=== What you have to do ===
Everything from the line that contains "-- Get, where" through the final line of the records should be written out exactly, and nothing outside that span.

···

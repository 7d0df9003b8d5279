-- ===== src/Examples/Answers.antt =====
-- The theorems on RemoteMessageLoop at a client in the middle of its synchronisation.
use yata_collaborative_edito.Base.{pos, ◌≡◌, refl, true, none, some, [], ◌∷◌, ok, map}
use yata_collaborative_edito.Protocol.Operations.{Delta, InsertOperation}
use yata_collaborative_edito.Protocol.Messages.{
  Bytes, UpdatePayload, Json, type_update, op_insert, op_sync1, op_sync2, ◌>>=◌,
}
use yata_collaborative_edito.Document.{new_document, start_id, end_id}
use yata_collaborative_edito.Document.Traversal.{visible_content, encode_rune}
use yata_collaborative_edito.Document.Update.{
  integrate_delta, delta_inserts, delta_deletes, remote_delete, register, link_memory,
}
use yata_collaborative_edito.Document.Valid.{visible}
use yata_collaborative_edito.Document.Reading.{reads_valid}
use yata_collaborative_edito.Sync.{generate_state_vector, generate_delete_set}
use yata_collaborative_edito.Sync.Adapter.{encode_update, encode_snapshot}
use yata_collaborative_edito.Protocol.Decoding.{encode_envelope}
use yata_collaborative_edito.Client.{online}
use yata_collaborative_edito.Client.Messages.{Replica, Wire, goes_on, receive_sync2}
use yata_collaborative_edito.Client.Answers.{receive_sync2_online}
use yata_collaborative_edito.Examples.Codec.{plain, insert_bytes, put_text, put_int}
use yata_collaborative_edito.Examples.Documents.{ana, id_of, bob_id, written, erased}
use yata_collaborative_edito.Examples.Remote.{kept}
use yata_collaborative_edito.Examples.Client.{busy, greeting, farewell}

abbrev waiting : Replica
waiting = record { client = busy; document = written }

erased_content :
    visible_content erased.after ≡ ok (map encode_rune (visible erased.after.memory (3 ∷ [])))
erased_content = (reads_valid erased.valid).0

removed : remote_delete written bob_id ≡ ok erased.after
unfolding register link_memory new_document
removed = erased.runs

abbrev removals : Delta
removals = record { inserts = []; deletes = record { target_id = bob_id } ∷ [] }

-- Codecs that read one message of each kind, and write any.
abbrev fixed : Json
fixed = record plain {
  updates = record { marshal = λ _. some (1 ∷ []); unmarshal = λ _. none };
  syncs1 = record {
    marshal = λ _. none;
    unmarshal = λ _. some (record {
      type_name = op_sync1;
      vector_state = some (generate_state_vector []);
      delete_set = some (generate_delete_set []);
    });
  };
  syncs2 = record {
    marshal = λ _. some (2 ∷ []);
    unmarshal = λ _. some (record { type_name = op_sync2; delta = some removals });
  };
  snapshots = record { marshal = λ _. some (3 ∷ []); unmarshal = λ _. none };
}

abbrev request : UpdatePayload
request = record { operation = 9 ∷ [] }

abbrev wrapped : Bytes
wrapped = put_int (pos 1) (put_text type_update (1 ∷ []))

removals_integrate : integrate_delta kept written removals ≡ ok (erased.after, none)
unfolding integrate_delta delta_inserts delta_deletes
removals_integrate = rw removed

receive_sync2_online_example :
    receive_sync2 kept fixed (record { flushes = λ j. true; sends = true }) 4 waiting request
    ≡ ok (
      record {
        client = record busy { connection = some 4; state = online; offline_queue = [] };
        document = erased.after;
      },
      goes_on,
      greeting ∷ farewell ∷ wrapped ∷ [],
    )
unfolding encode_snapshot encode_update encode_envelope ◌>>=◌
receive_sync2_online_example =
    receive_sync2_online kept fixed 4 waiting request (record { flushes = λ j. true; sends = true })
      op_sync2 removals erased.after (map encode_rune (visible erased.after.memory (3 ∷ [])))
      wrapped refl removals_integrate erased_content refl refl (λ j. refl) refl refl

abbrev steady : Wire
steady = record { flushes = λ j. true; sends = true }

abbrev ana_letter : InsertOperation
ana_letter = record {
  new_id = id_of ana 0;
  origin_id = start_id;
  right_id = end_id;
  content = b'x';
}

abbrev ana_message : Bytes
ana_message = put_int (pos 1) (
    put_text type_update (
      insert_bytes (record {
        type_name = op_insert;
        new_id = id_of ana 0;
        origin_id = start_id;
        right_id = end_id;
        character = encode_rune b'x' ∷ [];
      })))
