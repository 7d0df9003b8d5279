-- ===== src/Storage/Buckets.antt =====
-- go.etcd.io/bbolt as a parameter: what is in a bucket, and what the code relies on. A change of a
-- bucket inside another is written out by `store`, since a bucket of a transaction is a reference.
use yata_collaborative_edito.Base.{
  Option, none, some, ◌≡◌, text_eq, text_Eq, if◌then◌else◌, Map, lookup, In,
}
use yata_collaborative_edito.Protocol.Messages.{Bytes}

pub record Bolt : Type 1 where
  -- the content of a bucket; that of the database is the one of the buckets at the top
  pub Bucket : Type 0
  pub empty : Bucket
  -- Get, where nil is `none`
  pub get : Bucket → Bytes → Option Bytes
  -- Bucket, where nil is `none`
  pub bucket : Bucket → Bytes → Option Bucket
  -- Put; `none` is an error
  pub put : Bucket → Bytes → Bytes → Option Bucket
  -- CreateBucketIfNotExists: the parent and the bucket; `none` is an error
  pub create : Bucket → Bytes → Option (Bucket × Bucket)
  -- the parent of a bucket that has been written to
  pub store : Bucket → Bytes → Bucket → Bucket
  -- the keys and values that ForEach visits
  pub entries : Bucket → Map Bytes Bytes

abbrev pub or_else : {A : Type 0} → Option A → A → A
or_else none a = a
or_else (some b) a = b

module _ (bolt : Bolt) where
  open bolt use {Bucket, empty, get, bucket, put, create, store, entries}

  -- What bbolt documents: a new bucket is empty; a write that returns no error is found by later
  -- reads and changes nothing else; ForEach visits each key with its value.
  pub record BoltLaws : Type 1 where
    pub get-empty : (k : Bytes) → get empty k ≡ none
    pub bucket-empty : (k : Bytes) → bucket empty k ≡ none
    pub get-put :
        (b c : Bucket) (k j v : Bytes)
        → put b k v ≡ some c
        → get c j ≡ (if text_eq k j then some v else get b j)
    pub bucket-put : (b c : Bucket) (k j v : Bytes) → put b k v ≡ some c → bucket c j ≡ bucket b j
    pub create_found :
        (b c d : Bucket) (k : Bytes) → create b k ≡ some (c, d) → d ≡ or_else (bucket b k) empty
    pub bucket-create :
        (b c d : Bucket) (k j : Bytes)
        → create b k ≡ some (c, d)
        → bucket c j ≡ (if text_eq k j then some d else bucket b j)
    pub get-create : (b c d : Bucket) (k j : Bytes) → create b k ≡ some (c, d) → get c j ≡ get b j
    pub bucket-store :
        (b c : Bucket) (k j : Bytes)
        → bucket (store b k c) j ≡ (if text_eq k j then some c else bucket b j)
    pub get-store : (b c : Bucket) (k j : Bytes) → get (store b k c) j ≡ get b j
    pub entries-In : (b : Bucket) (k v : Bytes) → In (k, v) (entries b) → get b k ≡ some v
    pub lookup-entries : (b : Bucket) (k : Bytes) → lookup k (entries b) ≡ get b k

···

=== Answer to this exercise ===
  -- Get, where nil is `none`
  pub get : Bucket → Bytes → Option Bytes
  -- Bucket, where nil is `none`
  pub bucket : Bucket → Bytes → Option Bucket
  -- Put; `none` is an error
  pub put : Bucket → Bytes → Bytes → Option Bucket
  -- CreateBucketIfNotExists: the parent and the bucket; `none` is an error
  pub create : Bucket → Bytes → Option (Bucket × Bucket)
  -- the parent of a bucket that has been written to
  pub store : Bucket → Bytes → Bucket → Bucket
  -- the keys and values that ForEach visits
  pub entries : Bucket → Map Bytes Bytes

abbrev pub or_else : {A : Type 0} → Option A → A → A
or_else none a = a
or_else (some b) a = b

module _ (bolt : Bolt) where
  open bolt use {Bucket, empty, get, bucket, put, create, store, entries}

  -- What bbolt documents: a new bucket is empty; a write that returns no error is found by later
  -- reads and changes nothing else; ForEach visits each key with its value.
  pub record BoltLaws : Type 1 where
    pub get-empty : (k : Bytes) → get empty k ≡ none
    pub bucket-empty : (k : Bytes) → bucket empty k ≡ none
    pub get-put :
        (b c : Bucket) (k j v : Bytes)
        → put b k v ≡ some c
        → get c j ≡ (if text_eq k j then some v else get b j)
    pub bucket-put : (b c : Bucket) (k j v : Bytes) → put b k v ≡ some c → bucket c j ≡ bucket b j
    pub create_found :
        (b c d : Bucket) (k : Bytes) → create b k ≡ some (c, d) → d ≡ or_else (bucket b k) empty
    pub bucket-create :
        (b c d : Bucket) (k j : Bytes)
        → create b k ≡ some (c, d)
        → bucket c j ≡ (if text_eq k j then some d else bucket b j)
    pub get-create : (b c d : Bucket) (k j : Bytes) → create b k ≡ some (c, d) → get c j ≡ get b j
    pub bucket-store :
        (b c : Bucket) (k j : Bytes)
        → bucket (store b k c) j ≡ (if text_eq k j then some c else bucket b j)
    pub get-store : (b c : Bucket) (k j : Bytes) → get (store b k c) j ≡ get b j
    pub entries-In : (b : Bucket) (k v : Bytes) → In (k, v) (entries b) → get b k ≡ some v
    pub lookup-entries : (b : Bucket) (k : Bytes) → lookup k (entries b) ≡ get b k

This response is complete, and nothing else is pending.